Date: Feb 27, 2013 5:44 PM Author: Tony Kittler Subject: Re: Alternative solution for NAN "Steven_Lord" <slord@mathworks.com> wrote in message <kgldag$ir9$1@newscl01ah.mathworks.com>...

>

>

> "Carl S." <tkittler@gmail.com> wrote in message

> news:kgkurb$1t8$1@newscl01ah.mathworks.com...

> > "Torsten" wrote in message <kgku2t$t2g$1@newscl01ah.mathworks.com>...

>

> *snip*

>

> >> The matrix N you get after the while loop is a scalar multiple of the

> >> identity matrix and in general has nothing in common with your original

> >> matrix N. You will have to find out why eig produces NaN values for your

> >> original matrix N. Are you sure all elements of N are finite ? Best

> >> wishes

> >> Torsten.

> >

> > Yes, Torsten, they are finite

> >

> > My goal is to fit means(mu) and standard deviations(N) to Gaussian shape.

> > The codes that I wrote above are from the function ;

> >

> > function res=MultivariateGaussianPDF(x,mu,N)

> > while(det(N) == 0)

>

> 1) Don't use DET to test for singularity. This matrix:

>

> A = 1e-10*eye(400);

>

> has determinant 0 (due to underflow) but it's a scaled identity matrix,

> which is about as well-behaved as you can get. If you _must_ test for

> singularity, check with COND or RCOND.

>

> 2) Don't test a floating-point number for exact, bit-for-bit equality unless

> you need exact, bit-for-bit equality.
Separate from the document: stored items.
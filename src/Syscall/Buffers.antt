-- ===== src/Syscall/Buffers.antt =====
-- core/src/syscall/unix/mod.rs: the macros `impl_nio_read`, `impl_nio_read_buf` and
-- `impl_nio_write_buf`, by which accept, recv, recvfrom, read, pread, send, sendto, pwrite and write
-- are hooked.
pub mod Accounts
pub mod Deadline
use open_coroutine.Prelude.{
  ℕ, ◌+◌, ◌-◌, Bool, List, [], ◌∷◌, ◌&&◌, ◌||◌, ltb, leb, ◌==◌, if◌then◌else◌,
}
use open_coroutine.Syscall.World.{
  Iovec, Round, World, Ret, minus_one, bytes, Outcome, returned, pending, call, retry, reset_errno,
  while_non_blocking,
}

-- A descriptor that is no socket goes straight to the raw call.
unfoldable pub raw : List Iovec → List Round → World → Outcome
unfolding call
raw iov [] w = pending w
raw iov (x ∷ xs) w = let (r, w') = call iov x.reply w in returned r w'

-- `impl_nio_read`: any reply but -1 ends the loop. The raw call has no buffer that is cut here.
read_step : Round → ℕ → ℕ → Ret × World → (ℕ → World → Outcome) → Outcome
unfolding retry
read_step x start left (bytes n, w) again = returned (bytes n) (reset_errno w)
read_step x start left (minus_one, w) again =
    retry returned x start left minus_one minus_one again w

read_loop : List Round → ℕ → Ret → ℕ → World → Outcome
unfolding call read_step
read_loop [] start r left w = if ltb 0 left then pending w else returned r w
read_loop (x ∷ xs) start r left w =
    if ltb 0 left
    then read_step x start left (call [] x.reply w) (read_loop xs start minus_one)
    else returned r w

unfoldable pub nio_read : Bool → List Round → ℕ → ℕ → World → Outcome
unfolding raw read_loop while_non_blocking
nio_read is_socket rounds start limit w =
    if is_socket
    then while_non_blocking w (read_loop rounds start minus_one limit)
    else raw [] rounds w

-- The part of a buffer that is not filled yet.
abbrev pub rest : Iovec → ℕ → List Iovec
rest b done = record { base = b.base + done; len = b.len - done } ∷ []

-- `impl_nio_read_buf`. `again` takes `received`, `r` and the time left.
read_buf_step : Iovec → Round → ℕ → ℕ → ℕ → Ret × World → (ℕ → Ret → ℕ → World → Outcome) → Outcome
unfolding retry
read_buf_step b x start received left (bytes n, w) again =
    let received' = received + n in
    if leb b.len received' || n == 0
    then returned (bytes received') (reset_errno w)
    else retry returned x start left (bytes n) (bytes received') (again received' (bytes n))
        (reset_errno w)
read_buf_step b x start received left (minus_one, w) again =
    retry returned x start left minus_one (bytes received) (again received minus_one) w

read_buf_loop : Iovec → List Round → ℕ → ℕ → Ret → ℕ → World → Outcome
unfolding call read_buf_step
read_buf_loop b [] start received r left w =
    if ltb received b.len && ltb 0 left then pending w else returned r w
read_buf_loop b (x ∷ xs) start received r left w =
    if ltb received b.len && ltb 0 left
    then read_buf_step b x start received left (call (rest b received) x.reply w)
        (read_buf_loop b xs start)
    else returned r w

unfoldable pub nio_read_buf : Bool → Iovec → List Round → ℕ → ℕ → World → Outcome
unfolding raw read_buf_loop while_non_blocking
nio_read_buf is_socket b rounds start limit w =
    if is_socket
    then while_non_blocking w (read_buf_loop b rounds start 0 minus_one limit)
    else raw (b ∷ []) rounds w

-- `impl_nio_write_buf`: a count of 0 does not end the loop by itself.
write_buf_step : Iovec → Round → ℕ → ℕ → ℕ → Ret × World → (ℕ → Ret → ℕ → World → Outcome) → Outcome
unfolding retry
write_buf_step b x start sent left (bytes n, w) again =
    let sent' = sent + n in
    if leb b.len sent'
    then returned (bytes sent') (reset_errno w)
    else retry returned x start left (bytes n) (bytes sent') (again sent' (bytes n)) (reset_errno w)
write_buf_step b x start sent left (minus_one, w) again =
    retry returned x start left minus_one (bytes sent) (again sent minus_one) w

write_buf_loop : Iovec → List Round → ℕ → ℕ → Ret → ℕ → World → Outcome
unfolding call write_buf_step
write_buf_loop b [] start sent r left w =
    if ltb sent b.len && ltb 0 left then pending w else returned r w
write_buf_loop b (x ∷ xs) start sent r left w =
    if ltb sent b.len && ltb 0 left
    then write_buf_step b x start sent left (call (rest b sent) x.reply w)
        (write_buf_loop b xs start)
    else returned r w

unfoldable pub nio_write_buf : Bool → Iovec → List Round → ℕ → ℕ → World → Outcome
unfolding raw write_buf_loop while_non_blocking
nio_write_buf is_socket b rounds start limit w =
    if is_socket
    then while_non_blocking w (write_buf_loop b rounds start 0 minus_one limit)
    else raw (b ∷ []) rounds w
Compare with a tolerance instead.

>

> > N=(1e-10.*randi(1,size(N)))*eye(size(N));

> > end

> >

> > [M,d]=size(x);

> > [U,D]=eig(N); % <=causes NAN problem :((

>

> Show the group a SMALL matrix N with which you can reproduce this behavior.

>

> *snip*

>

> 3) If you have Statistics Toolbox, do one of these functions do what you

> want?

>

> http://www.mathworks.com/help/stats/multivariate-normal-distribution-1.html

>

> http://www.mathworks.com/help/stats/normal-distribution-1.html

>

> If not, please explain more _in words not code or equations_ specifically

> what you mean/are trying to do when you say you want to fit means and

> standard deviations to a Gaussian shape.

>

> --

> Steve Lord

> slord@mathworks.com

> To contact Technical Support use the Contact Us link on

> http://www.mathworks.com

Thanks Steven and Torsten,

(It is difficult to prepare a small group of matrix N. I am trying to find likelihood of an image. Codes are working for many images, but gives this NAN error for some of them)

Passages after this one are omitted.